Data items
= Beginning of Section =
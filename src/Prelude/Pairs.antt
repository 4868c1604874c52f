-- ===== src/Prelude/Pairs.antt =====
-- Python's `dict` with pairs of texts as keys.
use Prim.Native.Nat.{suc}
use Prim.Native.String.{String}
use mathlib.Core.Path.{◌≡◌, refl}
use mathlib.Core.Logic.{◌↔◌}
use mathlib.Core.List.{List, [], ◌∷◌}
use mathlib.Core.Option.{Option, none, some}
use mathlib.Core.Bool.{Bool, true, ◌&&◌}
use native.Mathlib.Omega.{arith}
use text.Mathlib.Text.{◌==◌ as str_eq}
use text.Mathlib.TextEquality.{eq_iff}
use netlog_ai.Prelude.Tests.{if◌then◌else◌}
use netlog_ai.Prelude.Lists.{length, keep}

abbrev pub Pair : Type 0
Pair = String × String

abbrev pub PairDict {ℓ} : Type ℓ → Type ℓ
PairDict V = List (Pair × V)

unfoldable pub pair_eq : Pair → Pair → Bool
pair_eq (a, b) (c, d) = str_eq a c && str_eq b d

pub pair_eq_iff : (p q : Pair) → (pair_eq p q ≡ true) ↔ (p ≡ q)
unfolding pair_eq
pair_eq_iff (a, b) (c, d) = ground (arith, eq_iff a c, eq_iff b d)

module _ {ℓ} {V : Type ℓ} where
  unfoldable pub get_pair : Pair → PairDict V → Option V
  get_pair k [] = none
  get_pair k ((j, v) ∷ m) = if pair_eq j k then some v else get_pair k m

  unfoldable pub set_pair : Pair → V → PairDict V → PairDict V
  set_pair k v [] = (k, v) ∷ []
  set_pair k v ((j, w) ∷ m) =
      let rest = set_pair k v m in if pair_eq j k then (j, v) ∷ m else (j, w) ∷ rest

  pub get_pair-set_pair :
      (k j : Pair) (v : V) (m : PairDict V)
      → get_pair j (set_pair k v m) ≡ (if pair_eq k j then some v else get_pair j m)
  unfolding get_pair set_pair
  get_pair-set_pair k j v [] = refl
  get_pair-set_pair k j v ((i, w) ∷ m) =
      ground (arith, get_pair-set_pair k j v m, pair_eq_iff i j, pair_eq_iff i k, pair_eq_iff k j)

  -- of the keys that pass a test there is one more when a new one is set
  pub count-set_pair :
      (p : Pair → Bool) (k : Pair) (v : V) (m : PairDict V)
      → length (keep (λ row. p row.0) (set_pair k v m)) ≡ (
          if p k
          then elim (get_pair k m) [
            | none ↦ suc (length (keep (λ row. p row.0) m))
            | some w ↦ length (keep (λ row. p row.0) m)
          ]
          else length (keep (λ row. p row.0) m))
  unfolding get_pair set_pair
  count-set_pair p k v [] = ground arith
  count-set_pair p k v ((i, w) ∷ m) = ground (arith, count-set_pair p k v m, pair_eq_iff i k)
= End of Section =
= Beginning of Section =
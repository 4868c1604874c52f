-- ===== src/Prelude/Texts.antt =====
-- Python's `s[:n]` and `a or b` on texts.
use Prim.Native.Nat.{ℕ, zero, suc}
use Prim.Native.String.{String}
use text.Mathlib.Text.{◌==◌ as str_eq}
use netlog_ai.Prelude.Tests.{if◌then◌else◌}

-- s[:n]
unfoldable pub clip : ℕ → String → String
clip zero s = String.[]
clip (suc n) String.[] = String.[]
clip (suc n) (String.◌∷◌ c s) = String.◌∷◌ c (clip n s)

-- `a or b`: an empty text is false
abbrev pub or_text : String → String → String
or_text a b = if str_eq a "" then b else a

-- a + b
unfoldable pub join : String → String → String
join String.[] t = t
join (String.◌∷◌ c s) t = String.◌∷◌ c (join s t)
= End of Section =
= Beginning of Section =
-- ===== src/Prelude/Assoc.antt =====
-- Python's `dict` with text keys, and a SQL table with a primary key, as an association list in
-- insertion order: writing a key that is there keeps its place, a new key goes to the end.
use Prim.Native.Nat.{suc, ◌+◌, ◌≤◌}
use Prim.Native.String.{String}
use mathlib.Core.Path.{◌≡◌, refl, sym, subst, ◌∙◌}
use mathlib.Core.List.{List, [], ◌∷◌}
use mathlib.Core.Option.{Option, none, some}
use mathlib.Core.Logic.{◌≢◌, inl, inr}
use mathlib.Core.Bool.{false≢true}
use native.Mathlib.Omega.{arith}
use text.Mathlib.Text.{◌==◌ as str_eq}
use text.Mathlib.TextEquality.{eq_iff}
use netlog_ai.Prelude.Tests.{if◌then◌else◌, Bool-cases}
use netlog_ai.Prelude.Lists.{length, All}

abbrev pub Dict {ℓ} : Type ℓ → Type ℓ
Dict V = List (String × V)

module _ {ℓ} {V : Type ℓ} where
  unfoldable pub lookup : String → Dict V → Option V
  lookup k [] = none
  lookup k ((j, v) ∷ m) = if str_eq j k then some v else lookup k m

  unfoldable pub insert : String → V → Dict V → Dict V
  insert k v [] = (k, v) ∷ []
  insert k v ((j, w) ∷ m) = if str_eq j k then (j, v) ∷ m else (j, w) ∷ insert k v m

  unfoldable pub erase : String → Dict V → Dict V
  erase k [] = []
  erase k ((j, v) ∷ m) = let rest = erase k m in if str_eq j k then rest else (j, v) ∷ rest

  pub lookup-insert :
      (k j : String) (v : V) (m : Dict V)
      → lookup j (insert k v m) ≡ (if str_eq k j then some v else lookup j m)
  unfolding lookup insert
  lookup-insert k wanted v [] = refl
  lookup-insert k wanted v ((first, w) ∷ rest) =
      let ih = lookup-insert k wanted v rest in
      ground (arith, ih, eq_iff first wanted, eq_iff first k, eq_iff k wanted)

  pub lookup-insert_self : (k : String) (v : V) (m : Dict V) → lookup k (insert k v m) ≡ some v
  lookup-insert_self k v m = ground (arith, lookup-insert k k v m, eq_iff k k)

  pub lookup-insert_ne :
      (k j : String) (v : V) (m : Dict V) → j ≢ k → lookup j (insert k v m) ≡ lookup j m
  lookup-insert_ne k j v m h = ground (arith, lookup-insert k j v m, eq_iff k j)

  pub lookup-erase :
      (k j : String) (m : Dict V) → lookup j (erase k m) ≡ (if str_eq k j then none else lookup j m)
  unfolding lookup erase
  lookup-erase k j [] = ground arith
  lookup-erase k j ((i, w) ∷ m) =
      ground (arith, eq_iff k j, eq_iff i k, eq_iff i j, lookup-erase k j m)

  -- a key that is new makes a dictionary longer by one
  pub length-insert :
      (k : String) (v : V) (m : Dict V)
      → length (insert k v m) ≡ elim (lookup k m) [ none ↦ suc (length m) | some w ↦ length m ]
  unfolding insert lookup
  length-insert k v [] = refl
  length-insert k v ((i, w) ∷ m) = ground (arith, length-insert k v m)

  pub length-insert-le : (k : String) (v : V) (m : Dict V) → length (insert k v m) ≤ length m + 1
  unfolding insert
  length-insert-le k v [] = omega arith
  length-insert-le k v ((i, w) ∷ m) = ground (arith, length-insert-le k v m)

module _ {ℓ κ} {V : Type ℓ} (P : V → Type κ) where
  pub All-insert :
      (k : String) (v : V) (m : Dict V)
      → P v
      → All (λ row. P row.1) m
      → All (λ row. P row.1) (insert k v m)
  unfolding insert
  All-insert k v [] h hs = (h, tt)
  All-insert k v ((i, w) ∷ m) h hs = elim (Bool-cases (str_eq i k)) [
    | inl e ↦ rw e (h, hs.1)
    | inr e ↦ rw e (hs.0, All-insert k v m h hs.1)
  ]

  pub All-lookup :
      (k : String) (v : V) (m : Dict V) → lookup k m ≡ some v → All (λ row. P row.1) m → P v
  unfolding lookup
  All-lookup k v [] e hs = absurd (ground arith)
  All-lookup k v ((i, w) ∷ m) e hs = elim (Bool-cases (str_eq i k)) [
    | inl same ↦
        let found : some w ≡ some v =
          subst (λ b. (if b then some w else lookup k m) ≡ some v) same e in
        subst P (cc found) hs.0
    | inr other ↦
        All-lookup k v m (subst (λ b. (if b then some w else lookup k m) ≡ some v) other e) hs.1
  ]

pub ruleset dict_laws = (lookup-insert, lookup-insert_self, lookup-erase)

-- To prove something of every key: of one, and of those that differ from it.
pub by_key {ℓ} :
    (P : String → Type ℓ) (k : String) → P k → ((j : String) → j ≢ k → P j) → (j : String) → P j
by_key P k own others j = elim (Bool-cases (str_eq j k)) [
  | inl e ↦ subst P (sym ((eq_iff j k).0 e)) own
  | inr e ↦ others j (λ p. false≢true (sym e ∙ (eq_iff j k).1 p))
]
= End of Section =
Exercise aim:
The lines to copy are those above that contain the string "false".

Problem solution:
-- `a or b`: an empty text is false
use mathlib.Core.Bool.{false≢true}
  | inr e ↦ others j (λ p. false≢true (sym e ∙ (eq_iff j k).1 p))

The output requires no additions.